The fact that you can function sometimes and not others also sounds like POTS. I am classic for POTS, with no other disease explaining my difficulties. And I can sometimes mop the kitchen floor, go shopping, play with my daughter, etc. Other days, I cannot get out of bed without feeling like death walking. That's the way it goes. Sometimes the flip happens very suddenly.

It helps to know your triggers and avoid them. Like, it helped me a lot when I realized that I get tachy'ed-out when I lift my arms over my head/shoulders level. It took several years (Dodo that I am) to realize that this was happening.

Why don't your doctors do a TTT without the injection? Then they cannot blame the abnormal numbers on the drug effect.

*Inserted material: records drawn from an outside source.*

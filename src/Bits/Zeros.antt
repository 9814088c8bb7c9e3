-- ===== src/Bits/Zeros.antt =====
-- What `leading_zeros` and `trailing_zeros` say of the bits.
use Prim.Native.Nat.{ℕ, zero, suc, ◌+◌, ◌-◌, ◌*◌, ◌/◌, ◌^◌, ◌≤◌, ◌<◌}
use mathlib.Core.Path.{◌≡◌}
use mathlib.Core.Logic.{inl, inr}
use native.Mathlib.Omega.{arith}
use ard_tools.Base.{◌==◌, Bool-cases}
use ard_tools.Bits.{bit, bit-mask, leading_zeros, trailing_zeros}

pub leading_zeros-le : (w n : ℕ) → leading_zeros w n ≤ w
unfolding leading_zeros
leading_zeros-le zero n = omega arith
leading_zeros-le (suc w) n = ground (arith, leading_zeros-le w n)

pub trailing_zeros-le : (w n : ℕ) → trailing_zeros w n ≤ w
unfolding trailing_zeros
trailing_zeros-le zero n = omega arith
trailing_zeros-le (suc w) n = ground (arith, trailing_zeros-le w (n / 2))

-- The bits that are counted are zero.
pub leading_zeros_clear : (w n k : ℕ) → k < w → w ≤ k + leading_zeros w n → bit n k ≡ 0
unfolding leading_zeros
leading_zeros_clear zero n k h e = absurd (omega arith)
leading_zeros_clear (suc w) n k h e = elim (Bool-cases (k == w)) [
  | inl top ↦ let same : k ≡ w = ground arith in rw same (ground arith)
  | inr below ↦ leading_zeros_clear w n k (ground arith) (ground arith)
]

pub trailing_zeros_clear : (w n k : ℕ) → k < trailing_zeros w n → bit n k ≡ 0
unfolding trailing_zeros
trailing_zeros_clear zero n k h = absurd (omega arith)
trailing_zeros_clear (suc w) n zero h = ground arith
trailing_zeros_clear (suc w) n (suc k) h = trailing_zeros_clear w (n / 2) k (ground arith)

-- A mask of `d` ones above `s` zeros.
pub leading_zeros-mask :
    (w s d : ℕ) → 0 < d → s + d ≤ w → leading_zeros w ((2 ^ d - 1) * 2 ^ s) ≡ w - s - d
unfolding leading_zeros
leading_zeros-mask zero s d pos h = absurd (omega arith)
leading_zeros-mask (suc w) s d pos h = ground (arith, bit-mask s d w, leading_zeros-mask w s d pos)
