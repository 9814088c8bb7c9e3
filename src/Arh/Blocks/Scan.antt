-- ===== src/Arh/Blocks/Scan.antt =====
-- ardain/src/arh_ext.rs: the search for free blocks within one slot.
use ard_tools.Base.{
  ℕ, zero, suc, ◌+◌, ◌-◌, ◌*◌, ◌%◌, ◌^◌, ◌≤◌, ◌<◌, ◌≡◌, ◌≢◌, inl, inr, sym, ◌∙◌, ap, none, some,
  arith, ltb, ◌==◌, bit_and, Bool-cases,
}
use native.Mathlib.Nat.{mod-eq_of_lt}
use ard_tools.Bits.{
  bit, complement, bit-le, bit-mask, bit-bit_and, bit-complement, leading_zeros, pow_pos,
  pow_double, pow_le, pow_add,
}
use ard_tools.Bits.Zeros.{leading_zeros-mask}
use ard_tools.Arh.Blocks.{scan_slot}

-- The mask `((1 << d) - 1) << s`.
abbrev pub mask_at : ℕ → ℕ → ℕ
mask_at d s = (2 ^ d - 1) * 2 ^ s

-- What `scan_slot` finds: a shift of the mask that fits in the word and lies in the free blocks.
abbrev pub Scanned : ℕ → ℕ → ℕ → Type 0
Scanned n d z = (s : ℕ) × (s + d ≤ 64) × (z ≡ 64 - s - d) × (bit_and n (mask_at d s) ≡ mask_at d s)

mask_all : (a b : ℕ) → 1 ≤ a → (a - 1) * b + b ≡ a * b
mask_all (suc a) b h = ground arith
mask_all zero b h = absurd (omega arith)

mask_at-lt : (d s : ℕ) → s + d ≤ 64 → mask_at d s < 2 ^ 64
mask_at-lt d s h =
    let all : mask_at d s + 2 ^ s ≡ 2 ^ d * 2 ^ s = mask_all (2 ^ d) (2 ^ s) (pow_pos d) in
    omega (arith, pow_le (s + d) 64 h, pow_add s d, pow_pos s)

mask_at-next : (d s : ℕ) → suc s + d ≤ 64 → mask_at d s * 2 % 2 ^ 64 ≡ mask_at d (suc s)
mask_at-next d s h =
    let twice : mask_at d s * 2 ≡ mask_at d (suc s) =
      omega (arith, ap (λ (t : ℕ). (2 ^ d - 1) * t) (pow_double s)) in
    rw twice (mod-eq_of_lt (mask_at-lt d (suc s) h))

module _ (fuel n d s : ℕ) (inside : s + d < 64) where
  bit_free : bit (mask_at d s) 63 ≡ 0
  bit_free = bit-mask s d 63 ∙ ground arith

  scan_slot_hit :
      bit_and n (mask_at d s) ≡ mask_at d s
      → scan_slot (suc fuel) n (mask_at d s) ≡ some (leading_zeros 64 (mask_at d s))
  unfolding scan_slot
  scan_slot_hit hit = ground (arith, bit_free)

  scan_slot_miss :
      bit_and n (mask_at d s) ≢ mask_at d s
      → scan_slot (suc fuel) n (mask_at d s) ≡ scan_slot fuel n (mask_at d (suc s))
  unfolding scan_slot
  scan_slot_miss miss = rw (← mask_at-next d s (omega arith)) (ground (arith, bit_free))

scan_slot_full : (fuel n d s : ℕ) → 0 < d → s + d ≡ 64 → scan_slot (suc fuel) n (mask_at d s) ≡ none
unfolding scan_slot
scan_slot_full fuel n d s pos full =
    let last : bit (mask_at d s) 63 ≡ 1 = bit-mask s d 63 ∙ ground arith in ground (arith, last)

pub scan_slot_sound :
    (fuel n d s : ℕ) {z : ℕ}
    → 0 < d
    → s + d ≤ 64
    → scan_slot fuel n (mask_at d s) ≡ some z
    → Scanned n d z
unfolding scan_slot
scan_slot_sound zero n d s pos fits e = cc
scan_slot_sound (suc fuel) n d s {z} pos fits e = elim (Bool-cases (ltb (s + d) 64)) [
  | inr full ↦ cc (scan_slot_full fuel n d s pos (ground arith))
  | inl room ↦
      let inside : s + d < 64 = ground arith in
      elim (Bool-cases (bit_and n (mask_at d s) == mask_at d s)) [
        | inl hit ↦
            let here : bit_and n (mask_at d s) ≡ mask_at d s = ground arith in
            (
              s,
              fits,
              ground
                  (arith, scan_slot_hit fuel n d s inside here, leading_zeros-mask 64 s d pos fits),
              here,
            )
        | inr miss ↦
            scan_slot_sound fuel n d (suc s) pos (omega arith)
              (sym (scan_slot_miss fuel n d s inside (ground arith)) ∙ e)
      ]
]

-- The blocks of one slot that a scan has found are free in it.
pub Scanned-free :
    (slot d z k : ℕ)
    → slot < 2 ^ 64
    → Scanned (complement 64 slot) d z
    → z ≤ k
    → k < z + d
    → bit slot (63 - k) ≡ 0
Scanned-free slot d z k word (s, fits, place, inside) lo hi =
    let at = 63 - k in
    let both = ap (λ (t : ℕ). bit t at) inside in
    omega (
      arith,
      bit-bit_and at (complement 64 slot) (mask_at d s),
      bit-complement at 64 slot word (omega arith),
      both,
      mask_bit,
      bit-le slot at,
    )
  where
    mask_bit : bit (mask_at d s) (63 - k) ≡ 1
    mask_bit = bit-mask s d (63 - k) ∙ ground arith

It's EXTREMELY frustrating to be sick and not have a diagnosis. I was sick with POTS for 4.5 years before I got my diagnosis, and although it came with mixed feelings, it really helped me move on.

Hope you get clarity soon.

[cardiactec]

I think a POTS diagnoses is confirmed by having (if you want to get strict about it) a thirty beat point increase or more from supine to stand with accompanying symptoms within TEN minutes or less. from the vitals maggy provided, she was tilted up to 20 mins without isuprel injection and hr's only approached 100's from a supine baseline of 80's.

magg, personally i think, after seeing your signature, you might look into a reoccurance of your PSVT or another rhythm problem as being the cause of your symptoms. do your symptoms you're experiencing now feel the same as when you had PSVT? PSVT can be triggered by emotional stress, exercise, sex, etc. and sometimes it is very difficult to differentiate between true PSVT, POTS, or just a "normal" tachycardic variant from exerting yourself.

[mvdula]

No, when I had the PSVT - I could feel my heart go from normal to the 250 or so pbm suddenly. I always felt absolutely fine though! Tolerated it with no problem.